Worker’s Voice – A administração Obama tem deportado milhares de haitianos dos Estados Unidos, algo que não parou mesmo depois do terremoto de 2010. Como a comunidade haitiana está resistindo a essas deportações?
Kiki Makandal – A maioria dos haitianos nos EUA se alinhou com os afro-americanos no apoio a Obama. Isso tem tornado mais difícil a resistência às políticas anti-imigração da administração Obama. Também, setores significantes de imigrantes haitianos estão, agora, integrados à sociedade norte-americana e isso tem, de alguma forma, marginalizado os problemas dos imigrantes mais recentes, que ficam isolados diante dos ataques impostos pela continuidade das políticas racistas das administrações anteriores. A extensão do Programa de Asilo Temporário (TPS, na sigla em inglês) e a atual propaganda sobre os esforços do legislativo, como o “Dream Act” (“Decreto dos Sonhos”, nome criado a partir da abreviação do nome do projeto: “Desenvolvimento, Assistência e Educação para Minorias Imigrantes), também contribuem para frear as mobilizações. Embora um número estimado de 250 mil imigrantes haitianos pudessem se candidatar ao TPS, menos de um quarto deles pediu para ingressar no programa, em grande parte por causa do medo de serem perseguidos pelo Departamento de Imigração norte-americano e pela incerteza sobre uma situação temporária. A maioria dos imigrantes “sem papéis” (ou seja, “ilegais”, sem documentos) está à espera de uma solução permanente. Cabe a comunidade progressiva norte-americana encarar este desafio. Mesmo que os haitianos continuem sendo injusta e especificamente perseguidos, como um grupo, fazendo com que seus pedidos de asilo sejam quase impossíveis, mudanças reais virão somente com a luta pelos direitos de todos os imigrantes.

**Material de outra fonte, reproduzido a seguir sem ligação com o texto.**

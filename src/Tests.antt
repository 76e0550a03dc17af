-- ===== src/Tests.antt =====
-- Tests, and the theorems at concrete inputs.
mod ShoppingLists
mod Syncs
mod Copying
mod OcrJobs
mod Pages
mod Limits
mod Prices
mod Corrections
mod Logins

Worker’s Voice – Você poderia falar um pouco sobre a implantação dos “sweatshops” (literalmente, “fábricas de suor”, em referência às péssimas condições de trabalho e extrema precarização) no Haiti começou?
Kiki Makandal – Os anos 70 viram o início da implantação do setor de fábricas de montagem de peças no Haiti, que foi facilitado pelos salários extremamente baixos, a ausência de sindicatos (devido à repressão da ditadura Duvalier) e os enormes incentivos fiscais concedidos aos investidores estrangeiros. Isso, rapidamente, fez do Haiti o principal produtor de bolas de beisebol no mundo e um produtor significante de produtos eletrônicos e têxteis. No entanto, o desenvolvimento das “sweatshops” no Haiti foi limitado pelas condições inerentes a uma ditadura reacionária: uma economia em desmoronamento, devido à falência do setor agrário e uma estrutura econômica arcaica; uma infra-estrutura muito pobre (sem eletricidade, estradas muito pobres, instalações portuárias muito pobres etc.), corrupção excessiva e um potencial constante para instabilidade política, devido a décadas de intensa repressão.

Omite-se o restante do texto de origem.